# Is 1 week too long to Marinate a Brisket?



## mrsmoky (Jun 10, 2012)

Still as a Newbie:  Last Monday, I decided to do a Marinade and Rub on an 8lb Brisket. My work schedule makes it difficult to have the time I need to get a day with my MES 40 and the rain has been very scattered lately with bad thunderstorms and some mild showers.

I put olive oil onto the brisket first and covered it... then covered it in a mixture of Molasses, Brown Sugar, Honey, Maple Syrup and Brown Mustard with some cholula hot sauce.

I then put on thick layers of a Kansas City Rub on it with some Chipotle pepper after wards.
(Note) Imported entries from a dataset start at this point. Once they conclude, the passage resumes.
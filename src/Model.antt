-- ===== src/Model.antt =====
-- backend/app/models: the tables as records, and the database as the lists of their rows. The order
-- of the rows in a list means nothing: each query of the program that needs an order asks for it.
-- Columns for audit times (`created_at`, `updated_at` of `AuditMixin`), which no modelled operation
-- reads, are left out.
pub mod Stock
pub mod Webhook
pub mod Purchase
pub mod Accounts
pub mod Database
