-- ===== src/Agent/Runtime/Cancelled.antt =====
-- The end of a turn by its cancellation.
use blender_ai_sidebar.Prelude.{suc, ◌≡◌, refl, true, false, ◌&&◌, none, some}
use blender_ai_sidebar.Agent.Runtime.{Runtime, Services, Event, TurnId}
use blender_ai_sidebar.Agent.Runtime.Action.{ok}
use blender_ai_sidebar.Agent.Runtime.Turns.{cancel_current_turn}
use blender_ai_sidebar.Agent.Runtime.Events.{
  turn_of, is_shutdown, is_other_turn, is_stale, process_event,
}
use blender_ai_sidebar.Agent.Runtime.Untouched.{cancel_current_turn-turn}

no_turn-other : (id : TurnId) → (is_other_turn (some id) none && true) ≡ true
no_turn-other (TurnId.turn t) = refl
no_turn-other TurnId.system = refl

module _ {W C : Type 0} (sv : Services W C) where
  -- After a cancellation every event that carries a turn id, whichever it is, and is no shutdown is
  -- only counted as stale: it has no result and changes nothing else.
  pub cancel_current_turn-stale :
      (r : Runtime W C) (event : Event) (id : TurnId)
      → turn_of event ≡ some id
      → is_shutdown event ≡ false
      → process_event sv event (cancel_current_turn r) ≡ (
        ok none,
        record (cancel_current_turn r) { stale_events = suc (cancel_current_turn r).stale_events },
      )
  unfolding process_event is_stale
  cancel_current_turn-stale r event id named no_shutdown =
      let stale : is_stale event (cancel_current_turn r).turn_id ≡ true =
        rw (is_stale, named, no_shutdown, cancel_current_turn-turn r) (no_turn-other id) in
      simp (process_event, stale)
Brown Sugar, Salt, Cayenne, chili powder, garlic salt, onion powder etc.

This is all simply in a deep tray covered in aluminum foil. I also marinated some fat from the brisket in the rub and put it in a separate sandwich bag to dice up and put into potato salad with smoked bacon as well.

I got the Meat from B.J's and the label said sell by June 8, today is June 10.
	

		
			
		

		
	








(pic is from when I finished putting the rub on)

Now that I am going to have time to put it in on Sunday Night or Very early Saturday morning 4am.

Is the meat still good to cook and eat? Has the marinade preserved it in anyway? etc?.

Thanks in advance. Was really looking fwd to trying this out.


----------



## pops6927 (Jun 10, 2012)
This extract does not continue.